• **Exercise brief**
Begin at the top of the records and copy each line exactly. The line containing "-- ===== src/UserShell/Printing.antt" is the last one to include.

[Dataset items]
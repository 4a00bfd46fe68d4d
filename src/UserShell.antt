-- ===== src/UserShell.antt =====
-- user-mode/user-shell.c: `syscall` and `main`, as interrupts that the kernel handles. The user program
-- computes nothing between two calls, so its state is the memory that the kernel's state has. The
-- keyboard's interrupts arrive while call 4 waits.
pub mod Printing
pub mod Lines
pub mod Prompt
mod Tests
use if2230_2023_hexos.Prelude.{ℕ, zero, suc, Run, done, diverges, ◌>>=◌}
use if2230_2023_hexos.Ports.{Bus}
use if2230_2023_hexos.Interrupt.{CpuRegister, Kernel, main_interrupt_handler}

-- Where the four literals and `buf` of `main` are, and the two registers that a call does not set.
pub record Frame : Type 0 where
  pub host : ℕ
  pub colon : ℕ
  pub root : ℕ
  pub prompt : ℕ
  pub buf : ℕ
  pub ebp : ℕ
  pub esp : ℕ

-- The registers that `syscall` of the user program sets.
unfoldable pub registers : Frame → ℕ → ℕ → ℕ → ℕ → CpuRegister
registers frame eax ebx ecx edx = record {
  eax = eax;
  ebx = ebx;
  ecx = ecx;
  edx = edx;
  ebp = frame.ebp;
  esp = frame.esp;
}

module _ (bus : Bus) (fuel : ℕ) (frame : Frame) where
  open bus use {Devices}

  -- `syscall` of the user program
  unfoldable pub user_syscall : ℕ → ℕ → ℕ → ℕ → Kernel Devices → Run (Kernel Devices)
  user_syscall eax ebx ecx edx k =
      main_interrupt_handler bus fuel (registers frame eax ebx ecx edx) 0x30 k

  -- The first four calls: "hexOS@OS-IF2230", ":", "root" and "$ ".
  unfoldable pub show_prompt : Kernel Devices → Run (Kernel Devices)
  show_prompt k = do
    k ← user_syscall 6 frame.host 15 0x2 k
    k ← user_syscall 6 frame.colon 1 0x7 k
    k ← user_syscall 6 frame.root 4 0x9 k
    user_syscall 6 frame.prompt 2 0x7 k

  -- The body of the loop in `main`.
  unfoldable pub shell_round : Kernel Devices → Run (Kernel Devices)
  shell_round k = do
    k ← show_prompt k
    k ← user_syscall 4 frame.buf 16 0 k
    user_syscall 5 frame.buf 16 0xE k

  -- `while (TRUE)` of `main`, which does not end, for `n` rounds.
  unfoldable pub shell_rounds : ℕ → Kernel Devices → Run (Kernel Devices)
  shell_rounds zero k = done k
  shell_rounds (suc n) k = do k ← shell_round k; shell_rounds n k
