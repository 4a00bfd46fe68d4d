-- ===== src/UserShell/Printing.antt =====
-- user-mode/user-shell.c: the two system calls with which the shell prints a text.
use if2230_2023_hexos.Prelude.{ℕ, ◌+◌, ◌%◌, ◌≤◌, ◌<◌, ◌≡◌, refl, Buf, done, arith}
use if2230_2023_hexos.Ports.{Bus}
use if2230_2023_hexos.Framebuffer.{framebuffer_get_cursor, framebuffer_set_cursor}
use if2230_2023_hexos.Framebuffer.Cursor.{cursor_bounds}
use if2230_2023_hexos.Interrupt.{Kernel, call_puts, next_row, syscall, main_interrupt_handler}
use if2230_2023_hexos.Interrupt.Puts.{Printed, puts-Printed}
use if2230_2023_hexos.UserShell.{Frame, registers, user_syscall}

module _ (bus : Bus) where
  -- The kernel behind a text of `len` characters that begins at the cursor.
  abbrev pub behind_text : ℕ → Buf → Kernel bus.Devices → Kernel bus.Devices
  behind_text len screen k =
      let (row, col, d) = framebuffer_get_cursor bus k.machine.devices in
      record k {
        machine = record (k.machine) {
          screen = screen;
          devices = framebuffer_set_cursor bus row ((col + len) % 256) d;
        };
      }

  -- The `len` characters at `p` are on the screen from the cursor on.
  abbrev pub PrintedAt : ℕ → ℕ → ℕ → Kernel bus.Devices → Buf → Type 0
  PrintedAt p len color k screen =
      let (row, col, d) = framebuffer_get_cursor bus k.machine.devices in
      Printed (λ a. k.memory (p + a)) 0 len color row col k.machine.screen screen

  module _ (fuel : ℕ) (frame : Frame) (p len color : ℕ) (k : Kernel bus.Devices)
      (enough : len < fuel) (short : len ≤ 176) where
    pub print-PrintedAt :
        (screen : Buf) × (user_syscall bus fuel frame 6 p len color k
          ≡ done (behind_text len screen k))
        × PrintedAt p len color k screen
    unfolding user_syscall registers main_interrupt_handler syscall call_puts
    print-PrintedAt =
        let (row, col, d) = framebuffer_get_cursor bus k.machine.devices in
        let (screen, ends, text) =
          puts-Printed bus fuel (λ a. k.memory (p + a)) len color row col
            (record (k.machine) { devices = d }) enough (omega arith)
            (cursor_bounds bus k.machine.devices).0
            (omega (arith, cursor_bounds bus k.machine.devices)) in
        (screen, rw ends refl, text)

    -- Call 5 also moves the cursor to the next row.
    pub print_line-PrintedAt :
        (screen : Buf) × (user_syscall bus fuel frame 5 p len color k
          ≡ done (
              next_row bus
                (framebuffer_get_cursor bus k.machine.devices).0
                (behind_text len screen k)))
        × PrintedAt p len color k screen
    unfolding user_syscall registers main_interrupt_handler syscall call_puts
    print_line-PrintedAt =
        let (row, col, d) = framebuffer_get_cursor bus k.machine.devices in
        let (screen, ends, text) =
          puts-Printed bus fuel (λ a. k.memory (p + a)) len color row col
            (record (k.machine) { devices = d }) enough (omega arith)
            (cursor_bounds bus k.machine.devices).0
            (omega (arith, cursor_bounds bus k.machine.devices)) in
        (screen, rw ends refl, text)
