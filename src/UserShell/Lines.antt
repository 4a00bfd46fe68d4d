-- ===== src/UserShell/Lines.antt =====
-- user-mode/user-shell.c: the lines that the shell reads.
use if2230_2023_hexos.Prelude.{
  ℕ, ◌+◌, ◌*◌, ◌≤◌, ◌<◌, ◌≡◌, refl, ap, ◌∙◌, List, [], ◌∷◌, ◌++◌, Buf, done, arith,
}
use if2230_2023_hexos.Ports.{Bus}
use if2230_2023_hexos.Framebuffer.{framebuffer_get_cursor}
use if2230_2023_hexos.Keyboard.Map.{length}
use if2230_2023_hexos.Keyboard.{KeyboardDriverState}
use if2230_2023_hexos.Keyboard.Codes.{codes_of}
use if2230_2023_hexos.Keyboard.Ps2.{Ps2, pending-get_cursor, pending-set_cursor}
use if2230_2023_hexos.Keyboard.Typing.{AreCharacters, characters}
use if2230_2023_hexos.Interrupt.{CpuRegister, Kernel, next_row, main_interrupt_handler}
use if2230_2023_hexos.Interrupt.Line.{LineRead, syscall-LineRead}
use if2230_2023_hexos.UserShell.{
  Frame, registers, user_syscall, show_prompt, shell_round, shell_rounds,
}
use if2230_2023_hexos.UserShell.Printing.{behind_text, print-PrintedAt, print_line-PrintedAt}

module _ (bus : Bus) (ps2 : Ps2 bus) where
  open ps2 use {pending}

  -- A call that prints leaves all but the screen and the cursor.
  record Kept (k k' : Kernel bus.Devices) : Type 0 where
    pub memory : k'.memory ≡ k.memory
    pub files : k'.files ≡ k.files
    pub keyboard : k'.machine.keyboard ≡ k.machine.keyboard
    pub codes : pending k'.machine.devices ≡ pending k.machine.devices

  Kept-trans : {k k1 k2 : Kernel bus.Devices} → Kept k k1 → Kept k1 k2 → Kept k k2
  Kept-trans a b = record {
    memory = b.memory ∙ a.memory;
    files = b.files ∙ a.files;
    keyboard = b.keyboard ∙ a.keyboard;
    codes = b.codes ∙ a.codes;
  }

  behind_text-Kept :
      (len : ℕ) (screen : Buf) (k : Kernel bus.Devices) → Kept k (behind_text bus len screen k)
  behind_text-Kept len screen k = record {
    memory = refl;
    files = refl;
    keyboard = refl;
    codes = pending-set_cursor bus ps2 _ _ _ ∙ pending-get_cursor bus ps2 _;
  }

  next_row-Kept : (row : ℕ) (k : Kernel bus.Devices) → Kept k (next_row bus row k)
  unfolding next_row
  next_row-Kept row k = record {
    memory = refl;
    files = refl;
    keyboard = refl;
    codes = pending-set_cursor bus ps2 _ _ _;
  }

  module _ (fuel : ℕ) (frame : Frame) (enough : 16 < fuel) where
    -- The registers of the call that reads a line.
    abbrev pub call_4 : CpuRegister
    call_4 = registers frame 4 frame.buf 16 0

    print-Kept :
        (p len color : ℕ) (k : Kernel bus.Devices)
        → len ≤ 16
        → (k' : Kernel bus.Devices) × (user_syscall bus fuel frame 6 p len color k ≡ done k')
          × Kept k k'
    print-Kept p len color k short =
        let (screen, ends, text) =
          print-PrintedAt bus fuel frame p len color k (omega arith) (omega arith) in
        (behind_text bus len screen k, ends, behind_text-Kept len screen k)

    show_prompt-Kept :
        (k : Kernel bus.Devices)
        → (k' : Kernel bus.Devices) × (show_prompt bus fuel frame k ≡ done k') × Kept k k'
    unfolding show_prompt
    show_prompt-Kept k =
        let (k1, e1, kept1) = print-Kept frame.host 15 0x2 k (omega arith) in
        let (k2, e2, kept2) = print-Kept frame.colon 1 0x7 k1 (omega arith) in
        let (k3, e3, kept3) = print-Kept frame.root 4 0x9 k2 (omega arith) in
        let (k4, e4, kept4) = print-Kept frame.prompt 2 0x7 k3 (omega arith) in
        (k4, rw (e1, e2, e3) e4, Kept-trans kept1 (Kept-trans kept2 (Kept-trans kept3 kept4)))

    echo-Kept :
        (k : Kernel bus.Devices)
        → (k' : Kernel bus.Devices) × (user_syscall bus fuel frame 5 frame.buf 16 0xE k ≡ done k')
          × Kept k k'
    echo-Kept k =
        let (screen, ends, text) =
          print_line-PrintedAt bus fuel frame frame.buf 16 0xE k (omega arith) (omega arith) in
        let shown : Kernel bus.Devices = behind_text bus 16 screen k in
        let row : ℕ = (framebuffer_get_cursor bus k.machine.devices).0 in
        (
          next_row bus row shown,
          ends,
          Kept-trans (behind_text-Kept 16 screen k) (next_row-Kept row shown),
        )

    -- The line stays read when something is printed before and behind it.
    LineRead-Kept :
        (line rest : List ℕ) {k k1 k2 k3 : Kernel bus.Devices}
        → Kept k k1
        → LineRead bus ps2 line rest call_4 k1 k2
        → Kept k2 k3
        → LineRead bus ps2 line rest call_4 k k3
    LineRead-Kept line rest before read behind = record {
      text = λ a few inside.
          ap (λ (m : Buf). m (call_4.ebx + a)) behind.memory ∙ read.text a few inside;
      zero_behind = λ short.
          ap (λ (m : Buf). m (call_4.ebx + length (characters line))) behind.memory
          ∙ read.zero_behind short;
      outside = λ x out.
          ap (λ (m : Buf). m x) behind.memory
          ∙ read.outside x out
          ∙ ap (λ (m : Buf). m x) before.memory;
      files = behind.files ∙ read.files ∙ before.files;
      off = ap (λ (s : KeyboardDriverState). s.keyboard_input_on) behind.keyboard ∙ read.off;
      ready = ap (λ (s : KeyboardDriverState). s.buffer_index) behind.keyboard ∙ read.ready;
      left = behind.codes ∙ read.left;
    }

    shell_round-LineRead :
        (line rest : List ℕ) (k : Kernel bus.Devices)
        → AreCharacters line
        → length (characters line) < 256
        → 2 * length (characters line) + 2 ≤ fuel
        → pending k.machine.devices ≡ codes_of line ++ rest
        → k.machine.keyboard.buffer_index ≡ 0
        → (k' : Kernel bus.Devices) × (shell_round bus fuel frame k ≡ done k')
          × LineRead bus ps2 line rest call_4 k k'
    unfolding shell_round user_syscall main_interrupt_handler registers
    shell_round-LineRead line rest k keys short fuels codes empty =
        let (k1, e1, before) = show_prompt-Kept k in
        let (k2, e2, read) =
          syscall-LineRead bus ps2 fuel line rest call_4 k1 refl keys (before.codes ∙ codes)
            (ap (λ (s : KeyboardDriverState). s.buffer_index) before.keyboard ∙ empty) short fuels
            (omega arith) in
        let (k3, e3, behind) = echo-Kept k2 in
        (k3, rw (e1, e2) e3, LineRead-Kept line rest before read behind)

    -- The codes of the lines, and those behind them.
    abbrev pub codes_of_lines : List (List ℕ) → List ℕ → List ℕ
    codes_of_lines [] rest = rest
    codes_of_lines (line ∷ lines) rest = codes_of line ++ codes_of_lines lines rest

    -- Each line has only characters, fewer than 256, and the fuel is enough for its interrupts.
    abbrev pub AreLines : List (List ℕ) → Type 0
    AreLines [] = Unit {0}
    AreLines (line ∷ lines) =
        AreCharacters line
        × (length (characters line) < 256)
        × (2 * length (characters line) + 2 ≤ fuel)
        × AreLines lines

    -- One round after the other reads one line after the other.
    abbrev pub Served : List (List ℕ) → List ℕ → Kernel bus.Devices → Kernel bus.Devices → Type 0
    Served [] rest k k' = k ≡ k'
    Served (line ∷ lines) rest k k' =
        (k1 : Kernel bus.Devices) × (shell_round bus fuel frame k ≡ done k1)
        × LineRead bus ps2 line (codes_of_lines lines rest) call_4 k k1
        × Served lines rest k1 k'

    -- If the keyboard will send lines, each of fewer than 256 characters, the driver's line is empty, and
    -- the fuel is more than 16 and enough for each line's interrupts, then as many rounds of the shell's loop return. Each round reads its line into `buf`, cut or with
    -- a zero behind it, leaves the rest of the memory and the file system, and takes the
    -- line's codes only.
    pub shell_rounds-Served :
        (lines : List (List ℕ)) (rest : List ℕ) (k : Kernel bus.Devices)
        → AreLines lines
        → pending k.machine.devices ≡ codes_of_lines lines rest
        → k.machine.keyboard.buffer_index ≡ 0
        → (k' : Kernel bus.Devices) × (shell_rounds bus fuel frame (length lines) k ≡ done k')
          × Served lines rest k k'
    unfolding shell_rounds
    shell_rounds-Served [] rest k keys codes empty = (k, refl, refl)
    shell_rounds-Served (line ∷ lines) rest k (keys, short, fuels, more) codes empty =
        let (k1, e1, read) =
          shell_round-LineRead line (codes_of_lines lines rest) k keys short fuels codes empty in
        let (k', ends, served) = shell_rounds-Served lines rest k1 more read.left read.ready in
        (k', rw e1 ends, (k1, e1, read, served))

• **Result**
repository 4a00bfd46fe68d4d
filename src/UserShell.antt
-- ===== src/UserShell.antt =====
-- user-mode/user-shell.c: `syscall` and `main`, as interrupts that the kernel handles. The user program
-- computes nothing between two calls, so its state is the memory that the kernel's state has. The
-- keyboard's interrupts arrive while call 4 waits.
pub mod Printing
pub mod Lines
pub mod Prompt
mod Tests
use if2230_2023_hexos.Prelude.{ℕ, zero, suc, Run, done, diverges, ◌>>=◌}
use if2230_2023_hexos.Ports.{Bus}
use if2230_2023_hexos.Interrupt.{CpuRegister, Kernel, main_interrupt_handler}

-- Where the four literals and `buf` of `main` are, and the two registers that a call does not set.
pub record Frame : Type 0 where
  pub host : ℕ
  pub colon : ℕ
  pub root : ℕ
  pub prompt : ℕ
  pub buf : ℕ
  pub ebp : ℕ
  pub esp : ℕ

-- The registers that `syscall` of the user program sets.
unfoldable pub registers : Frame → ℕ → ℕ → ℕ → ℕ → CpuRegister
registers frame eax ebx ecx edx = record {
  eax = eax;
  ebx = ebx;
  ecx = ecx;
  edx = edx;
  ebp = frame.ebp;
  esp = frame.esp;
}

module _ (bus : Bus) (fuel : ℕ) (frame : Frame) where
  open bus use {Devices}

  -- `syscall` of the user program
  unfoldable pub user_syscall : ℕ → ℕ → ℕ → ℕ → Kernel Devices → Run (Kernel Devices)
  user_syscall eax ebx ecx edx k =
      main_interrupt_handler bus fuel (registers frame eax ebx ecx edx) 0x30 k

  -- The first four calls: "hexOS@OS-IF2230", ":", "root" and "$ ".
  unfoldable pub show_prompt : Kernel Devices → Run (Kernel Devices)
  show_prompt k = do
    k ← user_syscall 6 frame.host 15 0x2 k
    k ← user_syscall 6 frame.colon 1 0x7 k
    k ← user_syscall 6 frame.root 4 0x9 k
    user_syscall 6 frame.prompt 2 0x7 k

  -- The body of the loop in `main`.
  unfoldable pub shell_round : Kernel Devices → Run (Kernel Devices)
  shell_round k = do
    k ← show_prompt k
    k ← user_syscall 4 frame.buf 16 0 k
    user_syscall 5 frame.buf 16 0xE k

  -- `while (TRUE)` of `main`, which does not end, for `n` rounds.
  unfoldable pub shell_rounds : ℕ → Kernel Devices → Run (Kernel Devices)
  shell_rounds zero k = done k
  shell_rounds (suc n) k = do k ← shell_round k; shell_rounds n k
repository 4a00bfd46fe68d4d
-- ===== src/UserShell/Printing.antt =====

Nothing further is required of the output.